Stories

Back

Education is the peaceful weapon for the future

Nelson Mandela said it: “Education is the most powerful weapon which you can use to change the world”. I would have preferred that he would have said it is the only weapon with which you can really change the world, but that wouldn’t be true. You can also change the world with violence, but most certainly not for the better. There is no way around, but to accept that education is the main challenge for the future as violence is never a solution. We need far more than the type of teaching we expect from our schools today. We need to start thinking about education and that at a completely different level.

Education on a different level, not just a bit better, but substantially different. With a much broader curriculum, taught by the best people in society. Not just schooling to help you gain a place in the labour market, but education to give meaning to the individual’s life as a member of society. That demands total change. The vision is different to such an extent that it cannot be achieved through the cumbersome dealings of government. It is a change that will need substantial time and that will demand a sustainable vision of education for many generations to come.

 

That sustainable course is a worthwhile pursuit if we have a clear idea of what we are striving for. School today is mainly an instrument to serve the economy and government and offers insufficient to contribute to develop us as humans, for our own fulfilled life. We are being taught to read and write and given some contribution to our general development, but so much more can be achieved. The goal of the majority of our schools today is to teach people a few practical things, but the goal could be to see people grow, by stimulating their creativity and help them to become more conscious thinkers. Not by telling them what they should think, but how they can think.

If people think thoroughly about similar issues, I am convinced that we – as trained thinkers – will often arrive at compatible answers. Thinking anyway is something that is not always done alone. Part of the thinking process should also be that we learn how to discuss; now we often are forced to get skilled in debate. Debate is about winning the argument. Discussing is  much more fruitful: It is the common search for the best possible solutions.

 

Schooling today is basically about learning some tricks and avoiding mistakes. Maybe that was the right way in the industrial age, but in post-industrial times the world needs change; new possibilities; the acceptance of new ways. That is why we need creative thinkers. Playful spirits that are not disheartened by the odd slip and who are prepared to learn from such errors.

 

You can’t convince people. You cannot force a conviction upon them. People can ultimately only convince themselves as and when they conscientiously form their own opinion. You can order people about, but you cannot convince them that they are acting for the best. That conviction is necessary to generate the societal commitment that will be necessary in the future. We can stimulate the creative development of people’s minds and stimulate their thought processes with issues and examples. To guide those processes we need the best people in society. Thinking is a discipline, but judging that discipline, the development of thought, demands the best possible guidance.

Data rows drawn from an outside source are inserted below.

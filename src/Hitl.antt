-- ===== src/Hitl.antt =====
-- The transactions that wait for a human: `_create_or_get_hitl`, `_get_transaction_status` and
-- `_expire_transaction` of marcel/core/interceptor.py, and `resolve_hitl` of marcel/api/router.py.
-- The message that `resolve_hitl` publishes is not a part of the state.
pub mod Rows
pub mod Resolve
pub mod Expire
pub mod Create
pub mod Final
mod Tests
use marcel_arch.Prelude.{
  ℕ, ◌+◌, ◌*◌, String, Bool, true, false, Option, none, some, List, [], ◌∷◌, ◌++◌, ◌==◌, ◌||◌, not,
  any, keep, leb, join, if◌then◌else◌,
}
use marcel_arch.Prelude.Int.{pos}
use marcel_arch.Prelude.Result.{ok, err, governance_error, http_exception, pending_rollback}
use marcel_arch.Prelude.Action.{Action, pure, raise, lift, gets, modify, raise_if, ◌>>=◌, ◌>>◌}
use marcel_arch.Value.{Value, null, int, str, list, dict, Items, nil, cons, Fields, end, field}
use marcel_arch.Models.{
  HitlStatus, pending, approved, rejected, expired, cancelled, status_value, HitlTransaction,
  scalar_one_or_none,
}
use marcel_arch.Schemas.{ExecutionIntent, PolicyDecision}
use marcel_arch.World.{World, transaction}
use marcel_arch.Digests.{Digests}
use marcel_arch.Audit.{AuditSigner, append}

abbrev pub is_pending : HitlStatus → Bool
is_pending pending = true
is_pending _ = false

-- `select(HitlTransaction).where(HitlTransaction.id == transaction_id)`
abbrev pub transactions_of : String → List HitlTransaction → List HitlTransaction
transactions_of id = keep (λ t. t.id == id)

-- `select(HitlTransaction).where(HitlTransaction.idempotency_key == intent.idempotency_key)`
abbrev pub transactions_for : String → List HitlTransaction → List HitlTransaction
transactions_for key = keep (λ t. t.idempotency_key == key)

-- The row of a transaction, written back.
unfoldable pub put_transaction : HitlTransaction → List HitlTransaction → List HitlTransaction
put_transaction new [] = []
put_transaction new (t ∷ rest) = (if t.id == new.id then new else t) ∷ put_transaction new rest

abbrev pub optional_text : Option String → Value
optional_text none = null
optional_text (some text) = str text

abbrev pub texts : List String → Items
texts [] = nil
texts (s ∷ ss) = cons (str s) (texts ss)

-- The columns that are unique.
abbrev pub same_transaction : HitlTransaction → HitlTransaction → Bool
same_transaction new t = t.id == new.id || t.idempotency_key == new.idempotency_key

-- The row after the three assignments of an expiry.
unfoldable pub expire : ℕ → HitlTransaction → HitlTransaction
expire now t = record t { status = expired; resolved_at = some now; updated_at = now }

-- The row after the five assignments of a resolution.
unfoldable pub settle_as : String → Option String → String → ℕ → HitlTransaction → HitlTransaction
settle_as decision comment reviewer now t = record t {
  status = if decision == "approved" then approved else rejected;
  reviewer_id = some reviewer;
  reviewer_comment = comment;
  resolved_at = some now;
  updated_at = now;
}

-- The new row. The default of its id is a random UUID, an argument here.
unfoldable pub new_transaction : String → ℕ → ℕ → ExecutionIntent → PolicyDecision → HitlTransaction
new_transaction id timeout now intent decision = record {
  id = id;
  idempotency_key = intent.idempotency_key;
  agent_id = intent.agent_id;
  action = intent.action;
  intent_payload = intent.payload;
  requested_amount = intent.requested_amount;
  currency = intent.currency;
  risk_score = decision.risk_score;
  reasons = decision.reasons;
  status = pending;
  reviewer_id = none;
  reviewer_comment = none;
  expires_at = now + timeout * 1000000;
  resolved_at = none;
  created_at = now;
  updated_at = now;
}

module _ {C : Type 0} where
  unfoldable pub find_transaction : String → Action (World C) (Option HitlTransaction)
  unfolding scalar_one_or_none
  find_transaction id w = (scalar_one_or_none (transactions_of id w.db.hitl_transactions), w)

  abbrev pub status_of : Option HitlTransaction → Action (World C) HitlStatus
  status_of none = raise (governance_error "HITL transaction no longer exists")
  status_of (some t) = pure t.status

  -- `_get_transaction_status`
  unfoldable pub get_transaction_status : String → Action (World C) HitlStatus
  unfolding find_transaction
  get_transaction_status id = do found ← find_transaction id; status_of found

  unfoldable pub write_transaction : HitlTransaction → Action (World C) Unit
  unfolding put_transaction
  write_transaction t = modify (λ w. record w {
    db = record w.db { hitl_transactions = put_transaction t w.db.hitl_transactions };
  })

  -- `session.add(transaction)` and `session.flush()`. A flush that fails leaves a session on which
  -- the query of the handler raises.
  unfoldable pub add_transaction : HitlTransaction → Action (World C) Unit
  add_transaction t w =
      if any (same_transaction t) w.db.hitl_transactions then (err pending_rollback, w) else (
        ok tt,
        record w { db = record w.db { hitl_transactions = w.db.hitl_transactions ++ t ∷ [] } },
      )

module _ (digests : Digests) (signer : AuditSigner) {C : Type 0} where
  -- `hitl_requested` in the log. `dump` stands for `intent.model_dump(mode="json")`.
  unfoldable pub log_request :
      Fields → ExecutionIntent → PolicyDecision → ℕ → HitlTransaction → Action (World C) Unit
  unfolding append
  log_request dump intent decision logged_at t = do
    append digests signer "hitl_requested" intent.agent_id
        (field "hitl_transaction_id" (str t.id) (
          field "intent" (dict dump) (
            field "risk_score" (int (pos decision.risk_score))
              (field "reasons" (list (texts decision.reasons)) end))))
        logged_at
    pure tt

  unfoldable pub create_unless :
      HitlTransaction
      → Fields
      → ExecutionIntent
      → PolicyDecision
      → ℕ
      → Option HitlTransaction
      → Action (World C) HitlTransaction
  unfolding add_transaction log_request
  create_unless t dump intent decision logged_at (some existing) = pure existing
  create_unless t dump intent decision logged_at none = do
    add_transaction t
    log_request dump intent decision logged_at t
    pure t

  -- `_create_or_get_hitl`
  unfoldable pub create_or_get_hitl :
      String
      → ℕ
      → Fields
      → ExecutionIntent
      → PolicyDecision
      → ℕ
      → ℕ
      → Action (World C) HitlTransaction
  unfolding create_unless scalar_one_or_none
  create_or_get_hitl id timeout dump intent decision now logged_at = do
    rows ← gets (λ w. transactions_for intent.idempotency_key w.db.hitl_transactions)
    existing ← lift (scalar_one_or_none rows)
    create_unless (new_transaction id timeout now intent decision) dump intent decision logged_at
        existing

  unfoldable pub expire_pending :
      String → String → ℕ → ℕ → Option HitlTransaction → Action (World C) Unit
  unfolding write_transaction append
  expire_pending id actor_id now logged_at none = pure tt
  expire_pending id actor_id now logged_at (some t) =
      if not (is_pending t.status) then pure tt else do
        write_transaction (expire now t)
        append digests signer "hitl_expired" actor_id (field "hitl_transaction_id" (str id) end)
            logged_at
        pure tt

  -- `_expire_transaction`
  unfoldable pub expire_transaction : String → String → ℕ → ℕ → Action (World C) Unit
  unfolding expire_pending find_transaction transaction
  expire_transaction id actor_id now logged_at =
      transaction (do found ← find_transaction id; expire_pending id actor_id now logged_at found)

  -- The transaction came too late: it is marked, and the exception undoes that.
  unfoldable pub refuse_late : ℕ → HitlTransaction → Action (World C) HitlTransaction
  unfolding write_transaction
  refuse_late now t = do
    write_transaction (expire now t)
    raise (http_exception 409 "HITL transaction has expired")

  unfoldable pub resolve_pending :
      String → Option String → String → ℕ → ℕ → HitlTransaction → Action (World C) HitlTransaction
  unfolding write_transaction append
  resolve_pending decision comment reviewer now logged_at t = do
    write_transaction (settle_as decision comment reviewer now t)
    append digests signer "hitl_resolved" reviewer
        (field "hitl_transaction_id" (str t.id)
          (field "decision" (str decision) (field "comment" (optional_text comment) end)))
        logged_at
    pure (settle_as decision comment reviewer now t)

  unfoldable pub resolve_found :
      String
      → Option String
      → String
      → ℕ
      → ℕ
      → Option HitlTransaction
      → Action (World C) HitlTransaction
  unfolding refuse_late resolve_pending
  resolve_found decision comment reviewer now logged_at none =
      raise (http_exception 404 "HITL transaction not found")
  resolve_found decision comment reviewer now logged_at (some t) =
      if not (is_pending t.status)
      then raise
          (http_exception 409 (join ("HITL transaction is already " ∷ status_value t.status ∷ [])))
      else if leb t.expires_at now
      then refuse_late now t
      else resolve_pending decision comment reviewer now logged_at t

  -- `resolve_hitl`, for the principal `reviewer`.
  unfoldable pub resolve_hitl :
      String → String → Option String → String → ℕ → ℕ → Action (World C) HitlTransaction
  unfolding resolve_found find_transaction transaction
  resolve_hitl id decision comment reviewer now logged_at =
      transaction (do
        found ← find_transaction id
        resolve_found decision comment reviewer now logged_at found)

The best people in society are not prepared today to commit their lives to education, because it is the bastard child of government. The best people in education today can’t develop their full potential because the authorities tell them how to work and what their job is about. In doing so government uses limiting cadres. Government is an impediment to develop education – a much broader concept than schooling - to the totally different level of ambition that is needed for it to become the weapon of the future. Schooling serves today’s economy, education the world of tomorrow.  That investment in the popular future demands a important involvement and contribution of the citizens of the world. That will allow education to gain the central role in society it not only deserves, but also needs. The pivotal role education needs to have to become the weapon of mass survival the future surely needs.